In short, to describe Man as a dialectical entity is to describe him as negating Action that negates the given within which it is born, and as a Product created by that very negation, on the basis of the given which was negated.  And on the "phenomenological" level this mean that human existence "appears" in the World as a continuous series of fights and works integrated by memory--that is, as History in the course of which Man freely creates himself.  (234)     
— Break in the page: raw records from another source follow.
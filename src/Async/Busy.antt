-- ===== src/Async/Busy.antt =====
-- The way of the worker of src/async_backend.cpp to the next notification.
use logparse.Base.{
  ℕ, ◌+◌, ◌*◌, ◌<◌, ◌≡◌, ◌⊎◌, size_mod, refl, ap, ◌∙◌, subst, ◌≢◌, true, false, Bool-cases, inl,
  inr, List, [], ◌∷◌, arith, length, ◌==◌, ==_iff,
}
use logparse.Async.{
  Async, Worker, at_test, at_pop, holds, wrote, counted, notifying, at_drain, drain_holds,
  drain_wrote, at_flush, ended, flush_ready, counted_up, Event,
}
use logparse.Async.Counters.{Counted, unprocessed}
use logparse.Async.Queueing.{pop-record}
use logparse.Async.Waiting.{pop-filled}
use logparse.Async.Steps.{
  Step, test_running, pop_record, write, count_processed, all_processed, notify, not_all_processed,
  taken, dropped,
}
use logparse.Async.Track.{Tracked, CountIs}
use logparse.Async.Solo.{Solo, rest, work_on}
use logparse.Async.Work.{by_worker}
use logparse.Platform.{Platform}
use logparse.Record.{LogRecord}

-- What is left to do until the counters agree, with so many records in the queue.
abbrev pub pending : Worker → ℕ → ℕ
pending at_test n = 6 * n + 1
pending at_pop n = 6 * n
pending (holds r) n = 6 * n + 5
pending (wrote r) n = 6 * n + 4
pending (counted k) n = 6 * n + 3
pending notifying n = 6 * n + 2
pending _ n = 0

-- The worker has something to do: `m_running` is set, every push is counted, no record was
-- overwritten, and the counters do not agree.
pub record IsBusy (es : List Event) (s : Async) : Type 0 where
  pub tracked : Tracked s
  pub counts : Counted es s
  pub few : length (taken es) < size_mod
  pub on : s.running ≡ true
  pub all_counted : s.uncounted ≡ 0
  pub none_dropped : dropped es ≡ 0
  pub unready : flush_ready s ≡ false

module _ {Tm : Type 0} (os : Platform Tm) where
  -- The worker alone makes the counters agree and wakes everyone.
  pub record Woken (s : Async) : Type 0 where
    pub last : Async
    pub steps : ℕ
    pub path : Solo os s steps last
    pub ready : flush_ready last ≡ true
    pub awake : last.sleeping ≡ 0

  -- A step of the worker that leaves it busy and has less to do.
  pub record Onward (s : Async) : Type 0 where
    pub target : Async
    pub event : Event
    pub step : Step os s event target
    pub is_worker : by_worker os step ≡ 1
    pub takes_none : taken (event ∷ []) ≡ []
    pub drops_none : dropped (event ∷ []) ≡ 0
    pub still_on : target.running ≡ s.running
    pub still_counted : target.uncounted ≡ s.uncounted
    pub still_unready : flush_ready target ≡ false
    pub less : pending target.worker target.queue.size < pending s.worker s.queue.size

  forth :
      {s t : Async} {e : Event} (st : Step os s e t)
      → by_worker os st ≡ 1
      → taken (e ∷ []) ≡ []
      → dropped (e ∷ []) ≡ 0
      → (t.running ≡ s.running) × (t.uncounted ≡ s.uncounted)
      → flush_ready t ≡ false
      → pending t.worker t.queue.size < pending s.worker s.queue.size
      → Onward s ⊎ Woken s
  forth st by k d (on, u) unready less = inl (record {
    target = _;
    event = _;
    step = st;
    is_worker = by;
    takes_none = k;
    drops_none = d;
    still_on = on;
    still_counted = u;
    still_unready = unready;
    less = less;
  })

  -- The worker waits for a record, and there is one.
  goes_to_queue :
      (es : List Event) (s : Async) → IsBusy es s → s.worker ≡ at_pop → Onward s ⊎ Woken s
  unfolding taken dropped flush_ready by_worker
  goes_to_queue es s u w =
      let apart : s.processed ≢ s.submitted =
        λ e. cc (u.unready, (==_iff s.processed s.submitted).1 e) in
      let filled : 0 < s.queue.size = omega (
        arith,
        u.counts.submissions,
        u.counts.processings,
        u.all_counted,
        u.none_dropped,
        ap unprocessed w,
        apart,
      ) in
      let (r, q, e) = pop-filled s.queue u.tracked.valid filled in
      let fewer = (pop-record s.queue q u.tracked.valid r e).3 in
      forth (pop_record r q w e) refl refl refl (refl, refl) u.unready (rw w (omega (arith, fewer)))

  -- The worker counts a record, and wakes everyone if it was the last.
  counts_up :
      (es : List Event) (s : Async)
      → IsBusy es s
      → (r : LogRecord) → s.worker ≡ wrote r
      → Onward s ⊎ Woken s
  unfolding taken dropped flush_ready by_worker
  counts_up es s u r w = elim (Bool-cases (counted_up s.processed == s.submitted)) [
    | inl e ↦ inr (record {
      last = _;
      steps = 3;
      path = work_on (count_processed r w) refl (
          work_on (all_processed (counted_up s.processed) refl e) refl
            (work_on (notify refl) refl rest));
      ready = e;
      awake = refl;
    })
    | inr e ↦ forth (count_processed r w) refl refl refl (refl, refl) e (rw w (omega arith))
  ]

  pub onward : (es : List Event) (s : Async) → IsBusy es s → Onward s ⊎ Woken s
  unfolding taken dropped flush_ready by_worker
  onward es s u = go s.worker refl
    where
      go : (w : Worker) → s.worker ≡ w → Onward s ⊎ Woken s
      go at_test w =
          forth (test_running w u.on) refl refl refl (refl, refl) u.unready (rw w (omega arith))
      go at_pop w = goes_to_queue es s u w
      go (holds r) w = forth (write r w) refl refl refl (refl, refl) u.unready (rw w (omega arith))
      go (wrote r) w = counts_up es s u r w
      go (counted n) w =
          let is_count : n ≡ s.processed =
            subst (λ x. CountIs x s.processed) w u.tracked.count_is in
          let behind : (n == s.submitted) ≡ false =
            ap (λ k. k == s.submitted) is_count ∙ u.unready in
          forth (not_all_processed n w behind) refl refl refl (refl, refl) u.unready
            (rw w (omega arith))
      go notifying w = forth (notify w) refl refl refl (refl, refl) u.unready (rw w (omega arith))
      go at_drain w = cc (u.tracked.left (rw w), u.on)
      go (drain_holds r) w = cc (u.tracked.left (rw w), u.on)
      go (drain_wrote r) w = cc (u.tracked.left (rw w), u.on)
      go at_flush w = cc (u.tracked.left (rw w), u.on)
      go ended w = cc (u.tracked.left (rw w), u.on)
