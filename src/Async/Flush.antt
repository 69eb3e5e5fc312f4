-- ===== src/Async/Flush.antt =====
-- When `flush` may go on.
use logparse.Base.{
  ◌↔◌, ℕ, suc, ◌≡◌, ◌<◌, ==_iff, size_mod, refl, ap, Bool, true, false, List, [], ◌∷◌, ◌++◌, arith,
  length,
}
use logparse.Backend.{Backend}
use logparse.Async.{Async, make_async, flush_ready, Event, took, wrote_out, silent}
use logparse.Async.Counters.{
  Counted, unprocessed, idle, popped, processing, counting_up, length-taken,
}
use logparse.Async.Queueing.{push-taken, push-refused, pop-nothing}
use logparse.Async.Steps.{
  Step, push_taken, push_refused, count, test_running, test_stopped, pop_record, pop_nothing, write,
  count_processed, all_processed, notify, not_all_processed, drain_record, drain_nothing,
  drain_write, drain_count, last_flush, flush_waits, wakes, flush_passes, stop_flag, stop_shutdown,
  Run, start, then_step, taken, dropped, dropped-concat, full,
}
use logparse.Config.{OverflowPolicy}
use logparse.Platform.{Platform}
use logparse.Queue.{shutdown, init}
use logparse.Queue.Inv.{IsValid, init-IsValid}
use logparse.Queue.Run.{shutdown-IsValid}
use logparse.Record.{LogRecord}

-- A write leaves the counters alone.
writes :
    (es : List Event) {s t : Async} (r : LogRecord)
    → t.queue ≡ s.queue
    → t.submitted ≡ s.submitted
    → t.uncounted ≡ s.uncounted
    → t.processed ≡ s.processed
    → unprocessed t.worker ≡ unprocessed s.worker
    → Counted es s
    → Counted (es ++ wrote_out r ∷ []) t
unfolding taken dropped
writes es {s} {t} r q a b p u c = record {
  valid = rw q c.valid;
  submissions = omega (arith, length-taken es (wrote_out r), c.submissions, a, b);
  processings =
      rw (q, u, p)
        (omega
          (arith, length-taken es (wrote_out r), dropped-concat es (wrote_out r), c.processings));
}

-- The queue takes a record.
takes :
    (es : List Event) {s t : Async} (r : LogRecord) (f : Bool)
    → full s.queue ≡ f
    → IsValid t.queue
    → ((full s.queue ≡ true) → t.queue.size ≡ s.queue.size)
    → ((full s.queue ≡ false) → t.queue.size ≡ suc s.queue.size)
    → t.submitted ≡ s.submitted
    → t.uncounted ≡ suc s.uncounted
    → t.processed ≡ s.processed
    → t.worker ≡ s.worker
    → Counted es s
    → Counted (es ++ took r f ∷ []) t
unfolding taken dropped
takes es {s} {t} r true e v h k a b p w c = record {
  valid = v;
  submissions = omega (arith, length-taken es (took r true), c.submissions, a, b);
  processings =
      rw (w, p, h e)
        (omega
          (arith, length-taken es (took r true), dropped-concat es (took r true), c.processings));
}
takes es {s} {t} r false e v h k a b p w c = record {
  valid = v;
  submissions = omega (arith, length-taken es (took r false), c.submissions, a, b);
  processings =
      rw (w, p, k e)
        (omega
          (arith, length-taken es (took r false), dropped-concat es (took r false), c.processings));
}

module _ {Tm : Type 0} (os : Platform Tm) where
  -- Every step keeps the counts, as long as fewer records than a counter holds were taken.
  pub Step-Counted :
      (es : List Event) {s t : Async} {e : Event}
      → Step os s e t
      → length (taken es) < size_mod
      → Counted es s
      → Counted (es ++ e ∷ []) t
  unfolding taken dropped
  Step-Counted es {s} (push_taken r q e) h c =
      let n = push-taken s.queue q c.valid r e in
      takes es r (full s.queue) refl n.0 n.3 n.4 refl refl refl refl c
  Step-Counted es {s} (push_refused r q e) h c =
      idle es (push-refused s.queue q c.valid r e) refl refl refl refl c
  Step-Counted es {s} (count n e) h c =
      let up =
        counting_up {n = s.submitted} {m = length (taken es)} (omega (arith, c.submissions, e)) h in
      record {
        valid = c.valid;
        submissions = omega (arith, up, length-taken es silent, c.submissions, e);
        processings =
            omega (arith, length-taken es silent, dropped-concat es silent, c.processings);
      }
  Step-Counted es (test_running w e) h c = idle es refl refl refl refl (rw w) c
  Step-Counted es (test_stopped w e) h c = idle es refl refl refl refl (rw w) c
  Step-Counted es (pop_record r q w e) h c = popped es r e refl refl refl (rw w) refl c
  Step-Counted es {s} (pop_nothing q w e) h c =
      idle es (pop-nothing s.queue q c.valid e).0 refl refl refl (rw w) c
  Step-Counted es (write r w) h c = writes es r refl refl refl refl (rw w) c
  Step-Counted es (count_processed r w) h c = processing es refl refl refl refl (rw w) refl h c
  Step-Counted es (all_processed n w e) h c = idle es refl refl refl refl (rw w) c
  Step-Counted es (notify w) h c = idle es refl refl refl refl (rw w) c
  Step-Counted es (not_all_processed n w e) h c = idle es refl refl refl refl (rw w) c
  Step-Counted es (drain_record r q w e) h c = popped es r e refl refl refl (rw w) refl c
  Step-Counted es {s} (drain_nothing q w e) h c =
      idle es (pop-nothing s.queue q c.valid e).0 refl refl refl (rw w) c
  Step-Counted es (drain_write r w) h c = writes es r refl refl refl refl (rw w) c
  Step-Counted es (drain_count r w) h c = processing es refl refl refl refl (rw w) refl h c
  Step-Counted es (last_flush w) h c = idle es refl refl refl refl (rw w) c
  Step-Counted es (flush_waits e) h c = idle es refl refl refl refl refl c
  Step-Counted es (wakes n e) h c = idle es refl refl refl refl refl c
  Step-Counted es (flush_passes e) h c = idle es refl refl refl refl refl c
  Step-Counted es (stop_flag e) h c = idle es refl refl refl refl refl c
  Step-Counted es {s} (stop_shutdown e) h c = record {
    valid = shutdown-IsValid c.valid;
    submissions = omega (arith, length-taken es silent, c.submissions);
    processings =
        unfold shutdown in
        omega (arith, length-taken es silent, dropped-concat es silent, c.processings);
  }

  pub Run-Counted :
      {s t : Async} {es : List Event}
      → Run os s es t
      → length (taken es) < size_mod
      → Counted [] s
      → Counted es t
  Run-Counted start h c = c
  Run-Counted (then_step {es} {es'} {e} r st k) h c =
      let before : length (taken es) < size_mod =
        omega (arith, ap (λ l. length (taken l)) k, length-taken es e) in
      rw k (Step-Counted es st before (Run-Counted r before c))

  module _ (b : Backend) (n : ℕ) (p : OverflowPolicy) (blank : LogRecord) where
    pub make_async-Counted : 0 < n → n < size_mod → Counted [] (make_async b n p blank)
    unfolding make_async taken dropped init
    make_async-Counted pos h = record {
      valid = init-IsValid blank n p pos h;
      submissions = refl;
      processings = refl;
    }

    -- Once every push is counted, `flush` may go on just if the queue is empty, the worker has
    -- counted what it popped, and no record was ever overwritten in a full queue. The capacity is
    -- positive and fits `std::size_t`, and fewer than 2 ^ 64 records were taken.
    pub flush_ready_iff :
        {s : Async} {es : List Event}
        → 0 < n
        → n < size_mod
        → Run os (make_async b n p blank) es s
        → length (taken es) < size_mod
        → s.uncounted ≡ 0
        → (flush_ready s ≡ true)
          ↔ ((s.queue.size ≡ 0) × (unprocessed s.worker ≡ 0) × (dropped es ≡ 0))
    unfolding flush_ready
    flush_ready_iff {s} {es} pos h r k u =
        let c = Run-Counted r k (make_async-Counted pos h) in
        let same = ==_iff s.processed s.submitted in
        (
          (λ e. (
            omega (arith, same.0 e, c.submissions, c.processings, u),
            omega (arith, same.0 e, c.submissions, c.processings, u),
            omega (arith, same.0 e, c.submissions, c.processings, u),
          )),
          (λ (a, d, o). same.1 (omega (arith, c.submissions, c.processings, u, a, d, o))),
        )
           And so we come full circle. 

I of course left stuff out in the interest of time and space and being, but I tried to get in most of the things in Kojčve that seemed relevant to our studies this summer.  One little moment that awestruck me, which I remembered as I was going through writing my summary:

. . . what made Man a Slave was his refusal to risk his life.  Hence he will not cease to be Slave, as long as he is not ready to risk his life in a Fight against the Master, as long as he does not accept the idea of his death.  A liberation without a bloody Fight, therefore, is metaphysically impossible. (56) 

           Now that’s a call to arms!